What to do
Restate all of the data exactly.

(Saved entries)
Content starts

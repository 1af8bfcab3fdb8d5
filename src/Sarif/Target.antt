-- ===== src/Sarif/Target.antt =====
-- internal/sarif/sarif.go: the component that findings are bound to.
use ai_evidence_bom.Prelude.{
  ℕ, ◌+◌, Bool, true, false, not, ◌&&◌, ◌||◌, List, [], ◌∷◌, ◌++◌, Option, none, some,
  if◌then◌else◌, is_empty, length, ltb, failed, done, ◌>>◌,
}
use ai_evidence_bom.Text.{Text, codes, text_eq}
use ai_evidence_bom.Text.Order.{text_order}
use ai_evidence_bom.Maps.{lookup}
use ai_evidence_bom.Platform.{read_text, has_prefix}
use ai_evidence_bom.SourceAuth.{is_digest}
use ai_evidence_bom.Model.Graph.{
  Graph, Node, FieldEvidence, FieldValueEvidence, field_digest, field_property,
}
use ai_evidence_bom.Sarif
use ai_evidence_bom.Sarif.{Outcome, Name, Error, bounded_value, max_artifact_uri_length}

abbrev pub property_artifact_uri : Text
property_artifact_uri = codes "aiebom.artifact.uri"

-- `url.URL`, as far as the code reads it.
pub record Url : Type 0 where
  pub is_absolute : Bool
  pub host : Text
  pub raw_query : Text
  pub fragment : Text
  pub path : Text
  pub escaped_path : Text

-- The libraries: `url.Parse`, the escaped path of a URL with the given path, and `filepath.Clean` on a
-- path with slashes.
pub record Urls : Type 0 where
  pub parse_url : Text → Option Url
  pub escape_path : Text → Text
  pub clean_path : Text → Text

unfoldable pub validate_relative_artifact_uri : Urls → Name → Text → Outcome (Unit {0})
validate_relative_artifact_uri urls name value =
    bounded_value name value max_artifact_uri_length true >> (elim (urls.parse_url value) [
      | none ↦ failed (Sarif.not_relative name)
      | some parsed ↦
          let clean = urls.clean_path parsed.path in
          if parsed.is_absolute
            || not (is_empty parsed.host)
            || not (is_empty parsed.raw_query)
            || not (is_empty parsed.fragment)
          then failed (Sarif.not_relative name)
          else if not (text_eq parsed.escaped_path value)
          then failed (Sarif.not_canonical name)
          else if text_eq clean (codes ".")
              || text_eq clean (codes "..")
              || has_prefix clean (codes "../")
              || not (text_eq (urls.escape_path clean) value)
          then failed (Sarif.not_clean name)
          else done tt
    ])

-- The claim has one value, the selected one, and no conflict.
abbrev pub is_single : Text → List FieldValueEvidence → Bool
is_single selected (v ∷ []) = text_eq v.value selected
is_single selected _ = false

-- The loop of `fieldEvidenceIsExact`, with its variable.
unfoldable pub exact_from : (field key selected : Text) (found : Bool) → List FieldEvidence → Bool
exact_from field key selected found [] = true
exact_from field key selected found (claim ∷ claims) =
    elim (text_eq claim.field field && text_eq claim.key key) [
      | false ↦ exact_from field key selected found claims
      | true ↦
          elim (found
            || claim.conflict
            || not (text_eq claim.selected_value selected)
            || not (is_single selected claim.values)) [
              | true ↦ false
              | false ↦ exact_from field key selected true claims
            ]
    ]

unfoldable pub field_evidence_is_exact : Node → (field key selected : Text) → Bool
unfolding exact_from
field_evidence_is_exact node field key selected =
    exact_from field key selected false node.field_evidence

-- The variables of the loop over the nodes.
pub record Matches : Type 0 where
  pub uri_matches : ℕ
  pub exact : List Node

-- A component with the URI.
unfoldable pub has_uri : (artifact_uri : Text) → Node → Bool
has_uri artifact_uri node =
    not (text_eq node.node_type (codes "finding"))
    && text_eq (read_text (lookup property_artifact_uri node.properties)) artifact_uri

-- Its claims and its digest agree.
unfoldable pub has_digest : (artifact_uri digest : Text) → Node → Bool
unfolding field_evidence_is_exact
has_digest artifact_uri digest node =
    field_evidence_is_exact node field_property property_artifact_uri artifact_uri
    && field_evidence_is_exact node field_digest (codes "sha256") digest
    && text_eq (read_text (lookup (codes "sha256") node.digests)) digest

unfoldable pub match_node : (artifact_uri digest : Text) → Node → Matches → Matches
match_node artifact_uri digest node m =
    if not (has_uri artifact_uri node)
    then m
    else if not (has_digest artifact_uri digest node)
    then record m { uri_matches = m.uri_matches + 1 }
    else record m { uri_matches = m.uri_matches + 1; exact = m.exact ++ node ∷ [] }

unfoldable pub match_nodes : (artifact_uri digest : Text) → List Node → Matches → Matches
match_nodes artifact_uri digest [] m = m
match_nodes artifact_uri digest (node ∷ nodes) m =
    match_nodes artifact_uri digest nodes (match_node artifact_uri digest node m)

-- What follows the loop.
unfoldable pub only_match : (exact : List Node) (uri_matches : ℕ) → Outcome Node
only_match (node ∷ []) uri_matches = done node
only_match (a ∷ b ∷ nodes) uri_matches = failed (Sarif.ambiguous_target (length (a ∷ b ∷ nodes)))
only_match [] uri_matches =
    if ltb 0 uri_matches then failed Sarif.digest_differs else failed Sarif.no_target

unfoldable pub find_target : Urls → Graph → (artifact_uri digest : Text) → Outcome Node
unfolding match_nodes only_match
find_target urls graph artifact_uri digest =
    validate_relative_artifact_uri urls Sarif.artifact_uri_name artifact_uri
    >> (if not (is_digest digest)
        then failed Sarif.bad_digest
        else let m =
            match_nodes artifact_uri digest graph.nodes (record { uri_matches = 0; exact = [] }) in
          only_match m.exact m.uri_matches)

Content ends

Exercise output
repository 1af8bfcab3fdb8d5
filename src/Sarif/Target.antt
-- ===== src/Sarif/Target.antt =====
-- internal/sarif/sarif.go: the component that findings are bound to.
use ai_evidence_bom.Prelude.{
  ℕ, ◌+◌, Bool, true, false, not, ◌&&◌, ◌||◌, List, [], ◌∷◌, ◌++◌, Option, none, some,
  if◌then◌else◌, is_empty, length, ltb, failed, done, ◌>>◌,
}
use ai_evidence_bom.Text.{Text, codes, text_eq}
use ai_evidence_bom.Text.Order.{text_order}
use ai_evidence_bom.Maps.{lookup}
use ai_evidence_bom.Platform.{read_text, has_prefix}
use ai_evidence_bom.SourceAuth.{is_digest}
use ai_evidence_bom.Model.Graph.{
  Graph, Node, FieldEvidence, FieldValueEvidence, field_digest, field_property,
}
use ai_evidence_bom.Sarif
use ai_evidence_bom.Sarif.{Outcome, Name, Error, bounded_value, max_artifact_uri_length}

abbrev pub property_artifact_uri : Text
property_artifact_uri = codes "aiebom.artifact.uri"

-- `url.URL`, as far as the code reads it.
pub record Url : Type 0 where
  pub is_absolute : Bool
  pub host : Text
  pub raw_query : Text
  pub fragment : Text
  pub path : Text
  pub escaped_path : Text

-- The libraries: `url.Parse`, the escaped path of a URL with the given path, and `filepath.Clean` on a
-- path with slashes.
pub record Urls : Type 0 where
  pub parse_url : Text → Option Url
  pub escape_path : Text → Text
  pub clean_path : Text → Text

unfoldable pub validate_relative_artifact_uri : Urls → Name → Text → Outcome (Unit {0})
validate_relative_artifact_uri urls name value =
    bounded_value name value max_artifact_uri_length true >> (elim (urls.parse_url value) [
      | none ↦ failed (Sarif.not_relative name)
      | some parsed ↦
          let clean = urls.clean_path parsed.path in
          if parsed.is_absolute
            || not (is_empty parsed.host)
            || not (is_empty parsed.raw_query)
            || not (is_empty parsed.fragment)
          then failed (Sarif.not_relative name)
          else if not (text_eq parsed.escaped_path value)
          then failed (Sarif.not_canonical name)
          else if text_eq clean (codes ".")
              || text_eq clean (codes "..")
              || has_prefix clean (codes "../")
              || not (text_eq (urls.escape_path clean) value)
          then failed (Sarif.not_clean name)
          else done tt
    ])

-- The claim has one value, the selected one, and no conflict.
abbrev pub is_single : Text → List FieldValueEvidence → Bool
is_single selected (v ∷ []) = text_eq v.value selected
is_single selected _ = false

-- The loop of `fieldEvidenceIsExact`, with its variable.
unfoldable pub exact_from : (field key selected : Text) (found : Bool) → List FieldEvidence → Bool
exact_from field key selected found [] = true
exact_from field key selected found (claim ∷ claims) =
    elim (text_eq claim.field field && text_eq claim.key key) [
      | false ↦ exact_from field key selected found claims
      | true ↦
          elim (found
            || claim.conflict
            || not (text_eq claim.selected_value selected)
            || not (is_single selected claim.values)) [
              | true ↦ false
              | false ↦ exact_from field key selected true claims
            ]
    ]

unfoldable pub field_evidence_is_exact : Node → (field key selected : Text) → Bool
unfolding exact_from
field_evidence_is_exact node field key selected =
    exact_from field key selected false node.field_evidence

-- The variables of the loop over the nodes.
pub record Matches : Type 0 where
  pub uri_matches : ℕ
  pub exact : List Node

-- A component with the URI.
unfoldable pub has_uri : (artifact_uri : Text) → Node → Bool
has_uri artifact_uri node =
    not (text_eq node.node_type (codes "finding"))
    && text_eq (read_text (lookup property_artifact_uri node.properties)) artifact_uri

-- Its claims and its digest agree.
unfoldable pub has_digest : (artifact_uri digest : Text) → Node → Bool
unfolding field_evidence_is_exact
has_digest artifact_uri digest node =
    field_evidence_is_exact node field_property property_artifact_uri artifact_uri
    && field_evidence_is_exact node field_digest (codes "sha256") digest
    && text_eq (read_text (lookup (codes "sha256") node.digests)) digest

unfoldable pub match_node : (artifact_uri digest : Text) → Node → Matches → Matches
match_node artifact_uri digest node m =
    if not (has_uri artifact_uri node)
    then m
    else if not (has_digest artifact_uri digest node)
    then record m { uri_matches = m.uri_matches + 1 }
    else record m { uri_matches = m.uri_matches + 1; exact = m.exact ++ node ∷ [] }

unfoldable pub match_nodes : (artifact_uri digest : Text) → List Node → Matches → Matches
match_nodes artifact_uri digest [] m = m
match_nodes artifact_uri digest (node ∷ nodes) m =
    match_nodes artifact_uri digest nodes (match_node artifact_uri digest node m)

-- What follows the loop.
unfoldable pub only_match : (exact : List Node) (uri_matches : ℕ) → Outcome Node
only_match (node ∷ []) uri_matches = done node
only_match (a ∷ b ∷ nodes) uri_matches = failed (Sarif.ambiguous_target (length (a ∷ b ∷ nodes)))
only_match [] uri_matches =
    if ltb 0 uri_matches then failed Sarif.digest_differs else failed Sarif.no_target

unfoldable pub find_target : Urls → Graph → (artifact_uri digest : Text) → Outcome Node
unfolding match_nodes only_match
find_target urls graph artifact_uri digest =
    validate_relative_artifact_uri urls Sarif.artifact_uri_name artifact_uri
    >> (if not (is_digest digest)
        then failed Sarif.bad_digest
        else let m =
            match_nodes artifact_uri digest graph.nodes (record { uri_matches = 0; exact = [] }) in
          only_match m.exact m.uri_matches)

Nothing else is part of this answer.